* **Problem**:
In the data below, the answer is the run of lines from the line containing "valid_has-IsRoot_example = valid_has-IsRoot" through the line containing "anchor_valid = anchor_valid toy story;", both included; print it exactly and nothing else.

:::::

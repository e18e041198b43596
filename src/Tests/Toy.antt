-- ===== src/Tests/Toy.antt =====
-- A small stand-in for the browser and the packages, and rows for the other tests.
use undergroundbb.Base.{
  ◌||◌, zero, take, suc, if◌then◌else◌, ℕ, ◌+◌, ◌*◌, ◌-◌, [], ◌∷◌, ◌++◌, Option, none, some, Text,
  Bytes, codes, ◌===◌, false, ◌≡◌, ◌≢◌, ===_iff,
}
use undergroundbb.Platform.{Platform}
use undergroundbb.Grant.Records.{
  GrantRecord, DesignationRecord, UserKeyHistory, GrantAnchor, GrantChainInput, natural,
}
use undergroundbb.Grant.Keys.{day_ms}

-- The instant of a text `YYYY-MM-DD…`, in months of 31 days.
abbrev pub toy_date : Text → Option ℕ
toy_date (a ∷ b ∷ c ∷ d ∷ e ∷ f ∷ g ∷ h ∷ i ∷ j ∷ rest) = some (
    (((a - 48) * 1000 + (b - 48) * 100 + (c - 48) * 10 + (d - 48)) * 372
      + ((f - 48) * 10 + (g - 48)) * 31
      + ((i - 48) * 10 + (j - 48)))
    * day_ms)
toy_date s = none

abbrev pub zeros : ℕ → Bytes
zeros zero = []
zeros (suc n) = 0 ∷ zeros n

-- It knows one day to print. Here a signature is the key that made it, once or twice.
unfoldable pub toy : Platform
toy = record {
  atob = some;
  utf8 = λ s. s;
  sha256 = λ b. take 32 (b ++ zeros 32);
  ed25519_verify = λ sig msg key. some (sig === key || sig === key ++ key);
  date_parse = toy_date;
  iso_day = λ t. codes "2024-03-01";
}

abbrev pub alice : Text
alice = codes "aaaaaaaa-aaaa-aaaa-aaaa-aaaaaaaaaaaa"

abbrev pub bob : Text
bob = codes "bbbbbbbb-bbbb-bbbb-bbbb-bbbbbbbbbbbb"

abbrev pub carol : Text
carol = codes "cccccccc-cccc-cccc-cccc-cccccccccccc"

abbrev pub alice_key : Bytes
alice_key = codes "alice-key-of-exactly-32-bytes-aa"

abbrev pub bob_key : Bytes
bob_key = codes "bob---key-of-exactly-32-bytes-bb"

abbrev pub carol_key : Bytes
carol_key = codes "carol-key-of-exactly-32-bytes-cc"

abbrev pub history : Bytes → UserKeyHistory
history key = record { signing_public_key = key; superseded_signing_keys = [] }

unfoldable pub histories : Text → Option UserKeyHistory
histories user =
    if user === alice
    then some (history alice_key)
    else if user === bob
    then some (history bob_key)
    else if user === carol
    then some (history carol_key)
    else none

abbrev pub grant_key : Text → Text → Text
grant_key user day = codes "GRANT#" ++ (user ++ (codes "#" ++ (day ++ codes "#0123456789abcdef")))

abbrev pub root_grant : GrantRecord
root_grant = record {
  sort_key = grant_key alice (codes "2024-01-01");
  subject_user_id = alice;
  granted_role = codes "admin";
  grantor_user_id = alice;
  grantor_signing_public_key = none;
  grantor_grant_ref = none;
  via_designation = none;
  signature = alice_key;
}

abbrev pub bob_admin : GrantRecord
bob_admin = record {
  sort_key = grant_key bob (codes "2024-01-02");
  subject_user_id = bob;
  granted_role = codes "admin";
  grantor_user_id = alice;
  grantor_signing_public_key = none;
  grantor_grant_ref = some root_grant.sort_key;
  via_designation = none;
  signature = alice_key;
}

abbrev pub bob_down : GrantRecord
bob_down = record {
  sort_key = grant_key bob (codes "2024-01-03");
  subject_user_id = bob;
  granted_role = codes "member";
  grantor_user_id = bob;
  grantor_signing_public_key = none;
  grantor_grant_ref = some bob_admin.sort_key;
  via_designation = none;
  signature = bob_key;
}

abbrev pub designation : DesignationRecord
designation = record {
  sort_key = codes "DESIGNATION#" ++ (alice ++ codes "#2024-02-01#0123456789abcdef");
  admin_user_id = alice;
  successor_user_id = some carol;
  period_days = natural 30;
  admin_grant_ref = root_grant.sort_key;
  signature = alice_key;
}

abbrev pub carol_claim : GrantRecord
carol_claim = record {
  sort_key = grant_key carol (codes "2024-03-05");
  subject_user_id = carol;
  granted_role = codes "admin";
  grantor_user_id = alice;
  grantor_signing_public_key = none;
  grantor_grant_ref = some root_grant.sort_key;
  via_designation = some designation.sort_key;
  signature = carol_key;
}

abbrev pub anchor : GrantAnchor
anchor = record {
  creator_user_id = alice;
  creator_signing_public_key = alice_key;
  trust_anchor_signature = alice_key;
  root_grant_sort_key = root_grant.sort_key;
}

-- Alice founds the group and makes Bob an admin; he steps down; Carol succeeds Alice.
unfoldable pub story : GrantChainInput
story = record {
  group_id = codes "group";
  anchor = anchor;
  pinned_anchor = none;
  grants = root_grant ∷ bob_admin ∷ bob_down ∷ carol_claim ∷ [];
  key_histories = histories;
  designations = some (designation ∷ []);
  now = none;
}

pub apart : (a b : Text) → (a === b) ≡ false → a ≢ b
apart a b e same = cc (e, (===_iff a b).1 same)
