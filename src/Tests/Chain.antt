-- ===== src/Tests/Chain.antt =====
-- The role chain on a group's rows.
use undergroundbb.Grant.Backed.{check_member_role_sound, IsBacked}
use undergroundbb.Grant.Authority.{no_self_promotion, valid_has-IsRoot, bad_anchor_rejects_all}
use undergroundbb.Grant.Sound.{verify_one_sound}
use undergroundbb.Grant.Roles.{verified, judge_roster, body_roster, check_member_role}
use undergroundbb.Grant.Depth.Hops.{rank}
use undergroundbb.Grant.Depth.Total.{verify_grant_chain_total}
use undergroundbb.Grant.Rules.{IsRoot, Justified}
use undergroundbb.Wire.Compare.{bytes_equal}
use undergroundbb.Wire.Signature.{contextualize, verify}
use undergroundbb.Grant.Scan.{scan, nothing_yet, grants_to, counted}
use undergroundbb.Grant.Keys.{day_ms, signed_on_day, keys_on_day}
use undergroundbb.Wire.Encoding.{base64_to_bytes, decode}
use undergroundbb.Grant.SortKey.{
  ParsedKey, tagged_key, random_suffix, exactly, day_prefix, after, parse_designation_key,
  parse_sort_key,
}
use undergroundbb.Base.{
  subst, ◌∙◌, arith, ◌<◌, ◌*◌, sym, ◌≤◌, first, later, inl, In, ◌∷◌, codes, ◌⊎◌, ◌≢◌, [], ◌+◌, true,
  any, keep, refl, some, ◌≡◌, ◌===◌,
}
use undergroundbb.Tests.Toy.{
  alice, designation, carol, bob_admin, root_grant, bob_key, bob_down, bob, histories, toy, story,
  carol_claim,
}
use undergroundbb.Grant.Records.{
  DesignationRecord, PinnedAnchor, GrantRecord, GrantChainInput, valid,
}
use undergroundbb.Grant.Verify.{
  or_empty, verdicts, verify_grant_chain, verdict_of, GrantChainResult, pin_mismatch, pin_matched,
  anchor_valid, anchor_key, is_self_demotion, root_verdict, grant_payload, signature_verdict, judge,
  designation_signature, designations_by, role_changed_since, designated_again, claim_verdict,
  claim_dated_ahead, body_signer, body_grantor, body_admin, admin_chain, verify_self_demotion,
  verify_by_grantor, grant_signature, period_in_range, duplicated_designation, compute_designation,
  served_designations, last_of, designation_at, cites, citing, verify_claim, compute_signed,
  is_role, duplicated, compute, verify_one,
}

claim_valid : verify_one toy story 4 carol_claim ≡ some valid
unfolding verify_one toy story histories compute duplicated keep ◌===◌ parse_sort_key is_role any
    decode compute_signed verify_claim citing cites designation_at last_of served_designations
    compute_designation duplicated_designation parse_designation_key period_in_range keys_on_day
    signed_on_day counted grants_to nothing_yet scan after day_prefix exactly random_suffix
    tagged_key grant_signature verify_by_grantor verify_self_demotion admin_chain body_admin
    body_grantor body_signer claim_dated_ahead claim_verdict designated_again role_changed_since
    designations_by designation_signature judge signature_verdict grant_payload root_verdict
    is_self_demotion pin_mismatch pin_matched anchor_valid anchor_key verify contextualize
    bytes_equal base64_to_bytes
claim_valid = refl

demotion_valid : verify_one toy story 4 bob_down ≡ some valid
unfolding verify_one toy story histories compute duplicated keep ◌===◌ parse_sort_key is_role any
    decode compute_signed verify_claim citing cites designation_at last_of served_designations
    compute_designation duplicated_designation parse_designation_key period_in_range keys_on_day
    signed_on_day counted grants_to nothing_yet scan after day_prefix exactly random_suffix
    tagged_key grant_signature verify_by_grantor verify_self_demotion admin_chain body_admin
    body_grantor body_signer claim_dated_ahead claim_verdict designated_again role_changed_since
    designations_by designation_signature judge signature_verdict grant_payload root_verdict
    is_self_demotion pin_mismatch pin_matched anchor_valid anchor_key verify contextualize
    bytes_equal base64_to_bytes
demotion_valid = refl

unpinned : GrantChainInput → PinnedAnchor → GrantChainInput
unpinned input pin = record input { pinned_anchor = some pin }

other_pin : PinnedAnchor
other_pin = record { creator_user_id = bob; creator_signing_public_key = bob_key }

mismatch : pin_mismatch toy (unpinned story other_pin) ≡ true
unfolding verify_one toy story histories compute duplicated keep ◌===◌ parse_sort_key is_role any
    decode compute_signed verify_claim citing cites designation_at last_of served_designations
    compute_designation duplicated_designation parse_designation_key period_in_range keys_on_day
    signed_on_day counted grants_to nothing_yet scan after day_prefix exactly random_suffix
    tagged_key grant_signature verify_by_grantor verify_self_demotion admin_chain body_admin
    body_grantor body_signer claim_dated_ahead claim_verdict designated_again role_changed_since
    designations_by designation_signature judge signature_verdict grant_payload root_verdict
    is_self_demotion pin_mismatch pin_matched anchor_valid anchor_key verify contextualize
    bytes_equal base64_to_bytes unpinned other_pin
mismatch = refl

verify_one_sound_example : Justified toy story carol_claim
verify_one_sound_example = verify_one_sound toy story 4 carol_claim claim_valid

valid_has-IsRoot_example : (r : GrantRecord) × IsRoot toy story r
valid_has-IsRoot_example = valid_has-IsRoot toy story 4 carol_claim claim_valid

bad_anchor_rejects_all_example : verify_one toy (unpinned story other_pin) 4 bob_down ≢ some valid
bad_anchor_rejects_all_example =
    bad_anchor_rejects_all toy (unpinned story other_pin) 4 bob_down (inl mismatch)

no_self_promotion_example :
    (bob_down.sort_key ≡ story.anchor.root_grant_sort_key)
    ⊎ (bob_down.granted_role ≡ codes "member")
unfolding story
no_self_promotion_example =
    no_self_promotion toy story 4 bob_down (later (later (first refl))) refl demotion_valid

unfoldable pub story_result : GrantChainResult
story_result = record {
  anchor_valid = anchor_valid toy story;
  anchor_pinned = pin_matched toy story;
  verdicts =
      (root_grant.sort_key, valid)
      ∷ (bob_admin.sort_key, valid)
      ∷ (bob_down.sort_key, valid)
      ∷ (carol_claim.sort_key, valid)
      ∷ [];
  grants = story.grants;
}

pub story_runs : verify_grant_chain toy 4 story ≡ some story_result
unfolding verify_one toy story histories compute duplicated keep ◌===◌ parse_sort_key is_role any
    decode compute_signed verify_claim citing cites designation_at last_of served_designations
    compute_designation duplicated_designation parse_designation_key period_in_range keys_on_day
    signed_on_day counted grants_to nothing_yet scan after day_prefix exactly random_suffix
    tagged_key grant_signature verify_by_grantor verify_self_demotion admin_chain body_admin
    body_grantor body_signer claim_dated_ahead claim_verdict designated_again role_changed_since
    designations_by designation_signature judge signature_verdict grant_payload root_verdict
    is_self_demotion pin_mismatch pin_matched anchor_valid anchor_key verify contextualize
    bytes_equal base64_to_bytes verify_grant_chain verdicts story_result
story_runs = refl

bob_verified : check_member_role toy story_result bob (codes "member") ≡ verified
unfolding verify_one toy story histories compute duplicated keep ◌===◌ parse_sort_key is_role any
    decode compute_signed verify_claim citing cites designation_at last_of served_designations
    compute_designation duplicated_designation parse_designation_key period_in_range keys_on_day
    signed_on_day counted grants_to nothing_yet scan after day_prefix exactly random_suffix
    tagged_key grant_signature verify_by_grantor verify_self_demotion admin_chain body_admin
    body_grantor body_signer claim_dated_ahead claim_verdict designated_again role_changed_since
    designations_by designation_signature judge signature_verdict grant_payload root_verdict
    is_self_demotion pin_mismatch pin_matched anchor_valid anchor_key verify contextualize
    bytes_equal base64_to_bytes story_result verdict_of check_member_role body_roster judge_roster
bob_verified = refl

check_member_role_sound_example :
    ((grants_to bob story.grants ≡ []) × (codes "member" ≡ codes "member"))
    ⊎ ((g : GrantRecord) × IsBacked toy story bob (codes "member") g)
check_member_role_sound_example =
    check_member_role_sound toy 4 story story_result bob (codes "member") story_runs bob_verified

some-inj : {A : Type 0} {x y : A} → some x ≡ some y → x ≡ y
some-inj e = cc

claim_at :
    designation_at (or_empty carol_claim.via_designation) (served_designations toy story)
    ≡ some designation
unfolding verify_one toy story histories compute duplicated keep ◌===◌ parse_sort_key is_role any
    decode compute_signed verify_claim citing cites designation_at last_of served_designations
    compute_designation duplicated_designation parse_designation_key period_in_range keys_on_day
    signed_on_day counted grants_to nothing_yet scan after day_prefix exactly random_suffix
    tagged_key grant_signature verify_by_grantor verify_self_demotion admin_chain body_admin
    body_grantor body_signer claim_dated_ahead claim_verdict designated_again role_changed_since
    designations_by designation_signature judge signature_verdict grant_payload root_verdict
    is_self_demotion pin_mismatch pin_matched anchor_valid anchor_key verify contextualize
    bytes_equal base64_to_bytes
claim_at = refl

claim_day :
    parse_sort_key toy carol_claim.sort_key
    ≡ some (record { subject = carol; day = 753026 * day_ms })
unfolding verify_one toy story histories compute duplicated keep ◌===◌ parse_sort_key is_role any
    decode compute_signed verify_claim citing cites designation_at last_of served_designations
    compute_designation duplicated_designation parse_designation_key period_in_range keys_on_day
    signed_on_day counted grants_to nothing_yet scan after day_prefix exactly random_suffix
    tagged_key grant_signature verify_by_grantor verify_self_demotion admin_chain body_admin
    body_grantor body_signer claim_dated_ahead claim_verdict designated_again role_changed_since
    designations_by designation_signature judge signature_verdict grant_payload root_verdict
    is_self_demotion pin_mismatch pin_matched anchor_valid anchor_key verify contextualize
    bytes_equal base64_to_bytes
claim_day = refl

designation_day :
    parse_designation_key toy designation.sort_key
    ≡ some (record { subject = alice; day = 752991 * day_ms })
unfolding verify_one toy story histories compute duplicated keep ◌===◌ parse_sort_key is_role any
    decode compute_signed verify_claim citing cites designation_at last_of served_designations
    compute_designation duplicated_designation parse_designation_key period_in_range keys_on_day
    signed_on_day counted grants_to nothing_yet scan after day_prefix exactly random_suffix
    tagged_key grant_signature verify_by_grantor verify_self_demotion admin_chain body_admin
    body_grantor body_signer claim_dated_ahead claim_verdict designated_again role_changed_since
    designations_by designation_signature judge signature_verdict grant_payload root_verdict
    is_self_demotion pin_mismatch pin_matched anchor_valid anchor_key verify contextualize
    bytes_equal base64_to_bytes
designation_day = refl

claim_follows :
    (d : DesignationRecord) (p q : ParsedKey)
    → designation_at (or_empty carol_claim.via_designation) (served_designations toy story) ≡ some d
    → parse_sort_key toy carol_claim.sort_key ≡ some p
    → parse_designation_key toy d.sort_key ≡ some q
    → q.day ≤ p.day
claim_follows d p q at parses d_parses =
    let same = some-inj (sym claim_at ∙ at) in
    let is_p = some-inj (sym claim_day ∙ parses) in
    let is_q = some-inj (
      sym designation_day
      ∙ subst (λ r. parse_designation_key toy r.sort_key ≡ some q) (sym same) d_parses) in
    rw (← is_p, ← is_q) (omega arith)

claims_follow :
    (g : GrantRecord) (d : DesignationRecord) (p q : ParsedKey)
    → In g story.grants
    → or_empty g.via_designation ≢ []
    → designation_at (or_empty g.via_designation) (served_designations toy story) ≡ some d
    → parse_sort_key toy g.sort_key ≡ some p
    → parse_designation_key toy d.sort_key ≡ some q
    → q.day ≤ p.day
unfolding story
claims_follow g d p q (first e) via at parses d_parses = absurd (via (rw e refl))
claims_follow g d p q (later (first e)) via at parses d_parses = absurd (via (rw e refl))
claims_follow g d p q (later (later (first e))) via at parses d_parses = absurd (via (rw e refl))
claims_follow g d p q (later (later (later (first e)))) via at parses d_parses =
    claim_follows d p q (rw e at at) (rw e at parses) d_parses
claims_follow g d p q (later (later (later (later m)))) via at parses d_parses = elim m [ ]

rank_bounds :
    (rank toy story root_grant ≡ 2 * (752960 * day_ms) + 1)
    × (rank toy story bob_admin ≡ 2 * (752961 * day_ms) + 1)
    × (rank toy story bob_down ≡ 2 * (752962 * day_ms))
    × (rank toy story carol_claim ≡ 2 * (753026 * day_ms) + 1)
unfolding rank verify_one toy story histories compute duplicated keep ◌===◌ parse_sort_key is_role
    any decode compute_signed verify_claim citing cites designation_at last_of served_designations
    compute_designation duplicated_designation parse_designation_key period_in_range keys_on_day
    signed_on_day counted grants_to nothing_yet scan after day_prefix exactly random_suffix
    tagged_key grant_signature verify_by_grantor verify_self_demotion admin_chain body_admin
    body_grantor body_signer claim_dated_ahead claim_verdict designated_again role_changed_since
    designations_by designation_signature judge signature_verdict grant_payload root_verdict
    is_self_demotion pin_mismatch pin_matched anchor_valid anchor_key verify contextualize
    bytes_equal base64_to_bytes
rank_bounds = (refl, refl, refl, refl)

ranks : (g : GrantRecord) → In g story.grants → rank toy story g < 200000000000000
unfolding story
ranks g (first e) = rw e (omega (arith, rank_bounds.0))
ranks g (later (first e)) = rw e (omega (arith, rank_bounds.1))
ranks g (later (later (first e))) = rw e (omega (arith, rank_bounds.2))
ranks g (later (later (later (first e)))) = rw e (omega (arith, rank_bounds.3))
ranks g (later (later (later (later m)))) = elim m [ ]

verify_grant_chain_total_example :
    (r : GrantChainResult) × (verify_grant_chain toy 200000000000000 story ≡ some r)
verify_grant_chain_total_example =
    verify_grant_chain_total toy story (record { in_order = claims_follow }) 200000000000000 ranks
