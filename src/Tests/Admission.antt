-- ===== src/Tests/Admission.antt =====
-- Alice admits Dave to the group of the role chain's story.
use undergroundbb.Wire.Signature.{contextualize, verify}
use undergroundbb.Grant.Keys.{keys_on_day, signed_on_day}
use undergroundbb.Grant.Scan.{grants_to}
use undergroundbb.Wire.Compare.{bytes_equal}
use undergroundbb.Grant.SortKey.{
  tagged_key, random_suffix, parse_sort_key, after, exactly, day_prefix,
}
use undergroundbb.Wire.Encoding.{decode, base64_to_bytes}
use undergroundbb.History.Roster.{decode_sized}
use undergroundbb.Grant.Verify.{verdict_of, verify_grant_chain}
use undergroundbb.Admission.Sound.{verify_admission_sound, IsAdmitted}
use undergroundbb.Base.{
  keep, find, ◌===◌, any, ◌≡◌, refl, [], ◌∷◌, ◌++◌, none, some, codes, Text, Bytes,
}
use undergroundbb.Tests.Toy.{toy, story, alice, alice_key, bob_key, root_grant, history}
use undergroundbb.Tests.Chain.{story_result, story_runs}
use undergroundbb.Admission.Verify.{
  ok, admission_signature, undisturbed, found_valid, carried_to, judge_inviter, judge_found,
  judge_admission, day_start, decode_admission, verify_admission, AdmissionRecord,
  VerifyAdmissionInput,
}

abbrev dave : Text
dave = codes "dddddddd-dddd-dddd-dddd-dddddddddddd"

abbrev dave_key : Bytes
dave_key = codes "dave--key-of-exactly-32-bytes-dd"

abbrev dave_wrapping : Bytes
dave_wrapping = codes "dave-wrapping-of-32-bytes-dddddd"

abbrev admission : AdmissionRecord
admission = record {
  invitee_user_id = dave;
  inviter_user_id = alice;
  invite_id = codes "invite";
  invitee_ed25519_public_key = dave_key;
  invitee_x25519_public_key = dave_wrapping;
  inviter_grant_ref = root_grant.sort_key;
  day = codes "2024-03-01";
  generation = 3;
  signature = alice_key ++ alice_key;
}

unfoldable asked : VerifyAdmissionInput
asked = record {
  group_id = codes "group";
  admission_record = admission;
  invitee_signing_keys = bob_key ∷ dave_key ∷ [];
  invitee_wrapping_key = dave_wrapping;
  chain = story_result;
  inviter_history = some (history alice_key);
  invitee_history = none;
}

admits : verify_admission toy asked ≡ ok
unfolding toy asked verify_admission decode_admission decode_sized base64_to_bytes day_start
    day_prefix exactly after judge_admission judge_found judge_inviter any bytes_equal ◌===◌
    carried_to find grants_to keep story_result story found_valid verdict_of parse_sort_key
    random_suffix tagged_key undisturbed admission_signature signed_on_day keys_on_day decode verify
    contextualize
admits = refl

chain_is_result : verify_grant_chain toy 4 story ≡ some asked.chain
unfolding asked
chain_is_result = story_runs

verify_admission_sound_example : IsAdmitted toy asked story
verify_admission_sound_example = verify_admission_sound toy asked story 4 chain_is_result admits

:::::

* **Reply**:
valid_has-IsRoot_example = valid_has-IsRoot toy story 4 carol_claim claim_valid

bad_anchor_rejects_all_example : verify_one toy (unpinned story other_pin) 4 bob_down ≢ some valid
bad_anchor_rejects_all_example =
    bad_anchor_rejects_all toy (unpinned story other_pin) 4 bob_down (inl mismatch)

no_self_promotion_example :
    (bob_down.sort_key ≡ story.anchor.root_grant_sort_key)
    ⊎ (bob_down.granted_role ≡ codes "member")
unfolding story
no_self_promotion_example =
    no_self_promotion toy story 4 bob_down (later (later (first refl))) refl demotion_valid

unfoldable pub story_result : GrantChainResult
story_result = record {
  anchor_valid = anchor_valid toy story;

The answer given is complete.